Talented keyboard players can push their instruments to the limit, but there are fundamental setbacks to the format. You can’t typically do vibrato or crescendos on a piano, for instance. A synth keyboard often gives you more flexibility with a wheel, joystick, or other doodad to articulate your playing, but musicians are always looking for new ways to create music.
Enter the Expressive E Osmose, one of the most exciting takes on the synth keyboard I’ve seen to date.
The Osmose can be played just like a regular keyboard, but adds a huge amount of expressiveness thanks to 49 keys that can articulate notes by literally swaying side to side. Unlike a traditional pitch wheel, this means you can bend the pitch of individual notes within a chord, and it means you don’t have to take your hands off the keyboard to articulate notes while jamming.
Expressive E calls its tech Augmented Keyboard Action (AKA), and it overall supports three dimensions of touch: velocity, pressure, and lateral movement. These can combine in a myriad of ways to make for an instrument that can not only play traditional keyboard parts, but more accurately replicate instruments like flutes, brass, and strings, as well as create all-new sounds.
Those of you keeping an eye on this space might be reminded of Roli, another company that’s made its name through adding layers of expressivity to the keyboard layout. But while Roli supports more dimensions of touch – vertical and horizontal slides across keys in particular – the Osmose differentiates itself in one key way: it plays just like a regular keyboard.

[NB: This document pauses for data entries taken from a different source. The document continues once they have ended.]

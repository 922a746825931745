-- ===== src/Queue/Fifo.antt =====
-- The queue when its calls run one after the other: each call returns, and the queue is a list of at
-- most `capacity` values.
use libchronos.Base.{
  dec_lt, ℕ, zero, suc, ◌+◌, ◌-◌, ◌%◌, ◌^◌, ◌≤◌, ◌<◌, ◌≡◌, refl, ap, ap₂, ◌∙◌, Bool, true, false,
  Option, none, some, List, [], ◌∷◌, ◌++◌, length, if◌then◌else◌, ltb, arith, Bool-cases, ltb→lt,
  ◌⊎◌, inl, inr, sym,
}
use libchronos.Base.Words.{inc64}
use libchronos.Queue.{MpmcQueue, try_push, try_pop, store_push, store_pop}
use libchronos.Queue.Slots.{slot-add, slot-inj, is_zero-diff, is_negative-diff}
use libchronos.Queue.Order.{slice, length-slice, slice-suc}

module _ {A : Type 0} where
  slice-ext :
      (f g : ℕ → Option A) (from n : ℕ)
      → ((k : ℕ) → from ≤ k → k < from + n → f k ≡ g k)
      → slice f from n ≡ slice g from n
  unfolding slice
  slice-ext f g from zero e = refl
  slice-ext f g from (suc n) e =
      ap₂ (λ a l. a ∷ l) (e from (omega arith) (omega arith))
        (slice-ext f g (suc from) n (λ k a b. e k (omega arith) (omega arith)))

module _ {A : Type 0} (capacity : ℕ) where
  -- No call is under way.
  pub record IsCalm (q : MpmcQueue A) : Type 0 where
    pub ordered : q.tail ≤ q.head
    pub room : q.head ≤ q.tail + capacity
    pub live : (p : ℕ) → q.tail ≤ p → p < q.head → q.seq (p % capacity) ≡ p + 1
    pub taken : (p : ℕ) → p < q.tail → q.head ≤ p + capacity → q.seq (p % capacity) ≡ p + capacity
    pub fresh : (p : ℕ) → q.head ≤ p → p < capacity → q.seq (p % capacity) ≡ p

  -- The values in the queue, oldest first.
  unfoldable pub values : MpmcQueue A → List (Option A)
  values q = slice (λ p. q.data_at (p % capacity)) q.tail (q.head - q.tail)

  -- What a call gives of a bounded queue of values.
  pub record Pushed (q : MpmcQueue A) (val : A) : Type 0 where
    pub done : Bool
    pub after : MpmcQueue A
    pub returns : try_push capacity q val ≡ some (done, after)
    pub calm : IsCalm after
    pub drawn : after.head ≤ q.head + 1
    pub room_left : done ≡ ltb (length (values q)) capacity
    pub entered : values after ≡ (if done then values q ++ (some val ∷ []) else values q)

  pub record Popped (q : MpmcQueue A) : Type 0 where
    pub value : Option A
    pub after : MpmcQueue A
    pub returns : try_pop capacity q ≡ some (value, after)
    pub calm : IsCalm after
    pub head_kept : after.head ≡ q.head
    pub left :
        ((values q ≡ []) × (values after ≡ []) × (value ≡ none)) ⊎ (values q ≡ value ∷ values after)

  pub Pushed-cases :
      (q : MpmcQueue A) (val : A) (p : Pushed q val)
      → ((p.done ≡ true)
          × (length (values q) < capacity)
          × (values p.after ≡ values q ++ (some val ∷ [])))
        ⊎ ((p.done ≡ false) × (capacity ≤ length (values q)) × (values p.after ≡ values q))
  Pushed-cases q val p = elim (Bool-cases p.done) [
    | inl pushed ↦ inl (
      pushed,
      ltb→lt (length (values q)) capacity (sym p.room_left ∙ pushed),
      p.entered ∙ ap (λ b. if b then values q ++ (some val ∷ []) else values q) pushed,
    )
    | inr full ↦ inr (
      full,
      ground (arith, p.room_left, full),
      p.entered ∙ ap (λ b. if b then values q ++ (some val ∷ []) else values q) full,
    )
  ]

module _ {A : Type 0} (capacity : ℕ) (two : 2 ≤ capacity) where
  pub length-values : (q : MpmcQueue A) → length (values capacity q) ≡ q.head - q.tail
  unfolding values
  length-values q = length-slice (λ p. q.data_at (p % capacity)) q.tail (q.head - q.tail)

  -- The sequence number at the head tells whether there is room.
  head-seq :
      (q : MpmcQueue A)
      → IsCalm capacity q
      → ((q.seq (q.head % capacity) ≡ q.head) × (q.head < q.tail + capacity))
        ⊎ ((q.seq (q.head % capacity) < q.head) × (q.head ≡ q.tail + capacity))
  head-seq q v = elim (dec_lt q.head capacity) [
    | yes lt ↦ inl (v.fresh q.head (omega arith) lt, omega arith)
    | no ge ↦ ground (
      arith,
      v.live (q.head - capacity),
      v.taken (q.head - capacity),
      slot-add capacity (q.head - capacity),
      back,
      v.ordered,
      v.room,
    )
  ]
    where
      back : capacity ≤ q.head → (q.head - capacity + capacity) % capacity ≡ q.head % capacity
      back le = ap (λ k. k % capacity) (omega arith)

  -- And the one at the tail, whether there is a value.
  tail-seq :
      (q : MpmcQueue A)
      → IsCalm capacity q
      → ((q.seq (q.tail % capacity) ≡ q.tail + 1) × (q.tail < q.head))
        ⊎ ((q.seq (q.tail % capacity) ≡ q.tail) × (q.tail ≡ q.head))
  tail-seq q v = ground (arith, v.live q.tail, v.ordered, head-seq q v, same)
    where
      same : q.head ≡ q.tail → q.seq (q.head % capacity) ≡ q.seq (q.tail % capacity)
      same e = ap (λ k. q.seq (k % capacity)) e

  pub push-IsCalm :
      (q : MpmcQueue A) (val : A)
      → IsCalm capacity q
      → q.head + capacity < 2 ^ 63
      → q.head < q.tail + capacity
      → IsCalm capacity (store_push capacity q val q.head)
  push-IsCalm q val v small space = record {
    ordered = omega (arith, v.ordered);
    room = omega (arith, v.ordered);
    live = λ p a b. ground (arith, v.live p, slot-inj capacity p q.head);
    taken = λ p a b. ground (arith, v.taken p, v.ordered, slot-inj capacity p q.head);
    fresh = λ p a b. ground (arith, v.fresh p, slot-inj capacity q.head p);
  }

  pub push-values :
      (q : MpmcQueue A) (val : A)
      → IsCalm capacity q
      → q.head + capacity < 2 ^ 63
      → q.head < q.tail + capacity
      → values capacity (store_push capacity q val q.head) ≡ values capacity q ++ (some val ∷ [])
  unfolding values
  push-values q val v small space =
      ap (slice at q.tail) (omega (arith, v.ordered))
      ∙ slice-suc at q.tail (q.head - q.tail)
      ∙ ap₂ (λ xs a. xs ++ (a ∷ []))
          (slice-ext at (λ p. q.data_at (p % capacity)) q.tail (q.head - q.tail) others) last
    where
      at : ℕ → Option A
      at p = (store_push capacity q val q.head).data_at (p % capacity)

      others :
          (k : ℕ) → q.tail ≤ k → k < q.tail + (q.head - q.tail) → at k ≡ q.data_at (k % capacity)
      others k a b = ground (arith, v.ordered, slot-inj capacity k q.head)

      at_head : at (q.tail + (q.head - q.tail)) ≡ at q.head
      at_head = ap at (omega (arith, v.ordered))

      last : at (q.tail + (q.head - q.tail)) ≡ some val
      last = at_head ∙ ground arith

  pop-IsCalm :
      (q : MpmcQueue A)
      → IsCalm capacity q
      → q.head + capacity < 2 ^ 63
      → q.tail < q.head
      → IsCalm capacity (store_pop capacity q q.tail)
  pop-IsCalm q v small below = record {
    ordered = omega (arith, v.ordered);
    room = omega (arith, v.room);
    live = λ p a b. ground (arith, v.live p, v.room, slot-inj capacity q.tail p);
    taken = λ p a b. ground (arith, v.taken p, v.ordered, slot-inj capacity p q.tail, old p);
    fresh = λ p a b. ground (arith, v.fresh p, slot-inj capacity q.tail p);
  }
    where
      old : (p : ℕ) → p ≡ q.tail → p % capacity ≡ q.tail % capacity
      old p e = ap (λ k. k % capacity) e

  pop-values :
      (q : MpmcQueue A)
      → q.head + capacity < 2 ^ 63
      → q.tail < q.head
      → values capacity q
        ≡ q.data_at (q.tail % capacity) ∷ values capacity (store_pop capacity q q.tail)
  unfolding values slice
  pop-values q small below =
      ap (slice at q.tail) {x = q.head - q.tail} {y = suc (q.head - inc64 q.tail)} (omega arith)
      ∙ ap (λ k. at q.tail ∷ slice at k (q.head - inc64 q.tail)) (omega arith)
    where
      at : ℕ → Option A
      at p = q.data_at (p % capacity)

  -- On a queue of at least two slots on which no call is under way, and with fewer than
  -- 2 ^ 63 - capacity tickets drawn, try_push returns: true exactly where fewer than `capacity` values
  -- are queued, and then the value stands behind them; otherwise the queued values stay the same. It
  -- draws at most one ticket.
  pub try_push-Pushed :
      (q : MpmcQueue A) (val : A)
      → IsCalm capacity q
      → q.head + capacity < 2 ^ 63
      → Pushed capacity q val
  unfolding try_push
  try_push-Pushed q val v small = elim (head-seq q v) [
    | inl (free, space) ↦ record {
      done = true;
      after = store_push capacity q val q.head;
      returns = ground (arith, is_zero-diff (q.seq (q.head % capacity)) q.head, free);
      drawn = omega arith;
      calm = push-IsCalm q val v small space;
      room_left = ground (arith, length-values q, v.ordered);
      entered = push-values q val v small space;
    }
    | inr (late, full) ↦ record {
      done = false;
      after = q;
      returns = ground (
        arith,
        is_zero-diff (q.seq (q.head % capacity)) q.head,
        is_negative-diff (q.seq (q.head % capacity)) q.head,
        late,
      );
      calm = v;
      drawn = omega arith;
      room_left = ground (arith, length-values q);
      entered = refl;
    }
  ]

  -- On such a queue try_pop returns: the oldest value, which is then gone; or nothing, where the queue
  -- is empty.
  pub try_pop-Popped :
      (q : MpmcQueue A) → IsCalm capacity q → q.head + capacity < 2 ^ 63 → Popped capacity q
  unfolding try_pop
  try_pop-Popped q v small = elim (tail-seq q v) [
    | inl (full, below) ↦ record {
      value = q.data_at (q.tail % capacity);
      after = store_pop capacity q q.tail;
      returns = ground (arith, is_zero-diff (q.seq (q.tail % capacity)) (inc64 q.tail), full);
      head_kept = refl;
      calm = pop-IsCalm q v small below;
      left = inr (pop-values q small below);
    }
    | inr (empty, e) ↦ record {
      value = none;
      after = q;
      returns = ground (
        arith,
        is_zero-diff (q.seq (q.tail % capacity)) (inc64 q.tail),
        is_negative-diff (q.seq (q.tail % capacity)) (inc64 q.tail),
        empty,
      );
      calm = v;
      head_kept = refl;
      left = inl (none_left e, none_left e, refl);
    }
  ]
    where
      none_left : q.tail ≡ q.head → values capacity q ≡ []
      none_left e = ground (arith, length-values q)
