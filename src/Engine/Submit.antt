-- ===== src/Engine/Submit.antt =====
-- `StrategyContext::submitOrder` on a queue that no other call is working on.
use libchronos.Base.{
  ℕ, ◌+◌, ◌^◌, ◌≤◌, ◌<◌, ◌≡◌, refl, true, false, Option, some, List, [], ◌∷◌, ◌++◌, length, arith,
  Bool-cases, inl, inr,
}
use libchronos.Base.Words.{inc64}
use libchronos.Decimal.{Fixed}
use libchronos.Types.{OrderRequest}
use libchronos.Risk.{RiskCheckResult}
use libchronos.Risk.Check.{Clock, check_order}
use libchronos.Queue.Fifo.{IsCalm, values, Pushed, Pushed-cases, try_push-Pushed}
use libchronos.Engine.{StrategyContext, queue_capacity, validated, submit_order}

module _ {F D : Type 0} ⦃fx : Fixed D⦄ where
  abbrev pub queued : StrategyContext F D → List (Option (OrderRequest D))
  queued ctx = values queue_capacity ctx.order_output

  -- The queue of the context is at rest, and fewer than 2 ^ 63 - capacity tickets are drawn.
  pub record IsOpen (ctx : StrategyContext F D) : Type 0 where
    pub calm : IsCalm queue_capacity ctx.order_output
    pub small : ctx.order_output.head + queue_capacity < 2 ^ 63

  abbrev pub checked : StrategyContext F D → OrderRequest D → Clock → RiskCheckResult
  checked ctx order clock = (check_order ctx.position_manager ctx.risk_engine order clock).0

  -- The three ways in which a submission ends, with the id that it gives and all that it changes but
  -- for the state of the risk engine.
  pub data Outcome (ctx : StrategyContext F D) (order : OrderRequest D) (clock : Clock) (id : ℕ)
      (after : StrategyContext F D) : Type 0 where
    refused :
        (checked ctx order clock).passed ≡ false
        → id ≡ 0
        → queued after ≡ queued ctx
        → after.order_id_gen ≡ ctx.order_id_gen
        → after.orders_risk_rejected ≡ inc64 ctx.orders_risk_rejected
        → after.orders_queue_dropped ≡ ctx.orders_queue_dropped
        → after.orders_submitted ≡ ctx.orders_submitted
        → Outcome ctx order clock id after
    dropped :
        (checked ctx order clock).passed ≡ true
        → queue_capacity ≤ length (queued ctx)
        → id ≡ 0
        → queued after ≡ queued ctx
        → after.order_id_gen ≡ inc64 ctx.order_id_gen
        → after.orders_risk_rejected ≡ ctx.orders_risk_rejected
        → after.orders_queue_dropped ≡ inc64 ctx.orders_queue_dropped
        → after.orders_submitted ≡ ctx.orders_submitted
        → Outcome ctx order clock id after
    entered :
        (checked ctx order clock).passed ≡ true
        → length (queued ctx) < queue_capacity
        → id ≡ ctx.order_id_gen
        → queued after
          ≡ queued ctx
            ++ (some (record order {
              order_id = ctx.order_id_gen;
              timestamp_us = ctx.timestamp_us;
              strategy_id = ctx.current_strategy_id;
            })
                ∷ [])
        → after.order_id_gen ≡ inc64 ctx.order_id_gen
        → after.orders_risk_rejected ≡ ctx.orders_risk_rejected
        → after.orders_queue_dropped ≡ ctx.orders_queue_dropped
        → after.orders_submitted ≡ inc64 ctx.orders_submitted
        → Outcome ctx order clock id after

  pub record Submitted (ctx : StrategyContext F D) (order : OrderRequest D) (clock : Clock)
      : Type 0 where
    pub id : ℕ
    pub after : StrategyContext F D
    pub returns : submit_order ctx order clock ≡ some (id, after)
    pub calm : IsCalm queue_capacity after.order_output
    pub books : after.order_books ≡ ctx.order_books
    pub drawn : after.order_output.head ≤ ctx.order_output.head + 1
    pub outcome : Outcome ctx order clock id after

  -- Where the output queue is at rest and fewer than 2 ^ 63 - 1024 orders have been pushed,
  -- submitOrder returns and the queue is at rest again. An order that the risk engine rejects is
  -- counted, and nothing is queued; one that passes while 1024 orders are queued uses up an id and is
  -- counted as dropped; else it is queued last, under the next id and the current strategy and time,
  -- and that id is returned.
  pub submit_order-Submitted :
      (ctx : StrategyContext F D) (order : OrderRequest D) (clock : Clock)
      → IsOpen ctx
      → Submitted ctx order clock
  unfolding submit_order
  submit_order-Submitted ctx order clock v = elim (Bool-cases (checked ctx order clock).passed) [
    | inl passed ↦
        let p : Pushed queue_capacity ctx.order_output (validated ctx order) =
          try_push-Pushed queue_capacity (omega arith) ctx.order_output (validated ctx order) v.calm
            v.small in
        let taken : StrategyContext F D = record ctx {
          risk_engine = (check_order ctx.position_manager ctx.risk_engine order clock).1;
          order_id_gen = inc64 ctx.order_id_gen;
          order_output = p.after;
        } in
        elim (Pushed-cases queue_capacity ctx.order_output (validated ctx order) p) [
          | inl (pushed, room, last) ↦ record {
            id = ctx.order_id_gen;
            after = record taken { orders_submitted = inc64 ctx.orders_submitted };
            returns = rw (passed, p.returns, pushed) refl;
            calm = p.calm;
            books = refl;
            drawn = p.drawn;
            outcome = entered passed room refl last refl refl refl refl;
          }
          | inr (refused_push, full, same) ↦ record {
            id = 0;
            after = record taken { orders_queue_dropped = inc64 ctx.orders_queue_dropped };
            returns = rw (passed, p.returns, refused_push) refl;
            calm = p.calm;
            books = refl;
            drawn = p.drawn;
            outcome = dropped passed full refl same refl refl refl refl;
          }
        ]
    | inr failed ↦ record {
      id = 0;
      after = record ctx {
        risk_engine = (check_order ctx.position_manager ctx.risk_engine order clock).1;
        orders_risk_rejected = inc64 ctx.orders_risk_rejected;
      };
      returns = rw failed refl;
      calm = v.calm;
      books = refl;
      drawn = omega arith;
      outcome = refused failed refl refl refl refl refl refl;
    }
  ]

While the articulation features open up a world of possibilities, there is virtually no learning curve to the Osmose if you just want to play it like a regular keyboard. In fact, the keyboard feels better than most regular synth keyboards thanks to a long pivot point that feels closer to playing a traditional piano, while still having the springy, aftertouch-friendly action of a synth. Moreover, Expressive E cleverly leaves the back portion of the keys exposed, giving you fine control for playing notes more lightly.
The point is it all feels intuitive. You could theoretically do everything the Osmose does by messing around enough your music software, but that’s like saying you could compose a symphony on your PC with just a mouse and keyboard. I mean, sure, but that’s no fun.
The hardware is powered by Haken Audio’s Eaganmatrix Synthesizer engine, previously seen on the Continuum fingerboard. Expressive E says the Osmose includes a large library of sounds designed to take advantage of the AKA hardware to create strummed notes, vibrato, legato, layered dynamics, and more. You can further tweak sounds with a robust control panel that includes a pitch and mod sticks, two continuous pedal inputs, a bunch of buttons, and an LCD screen.
And of course, it still works like a regular MIDI controller, with support for MPE and MPE+ sounds, polyphonic aftertouch, a Multichannel MIDI mode, and global pitch bend. You needn’t connect it to a computer to use it either.
Unfortunately, you’ll have to wait a while to get your hands on one; the Expressive E is expected to be released in the summer of 2020. It will retail for $1799 (€1,799 too), but early adopters can pick one up until December 31 for as little as $1,079, including a $300 deposit.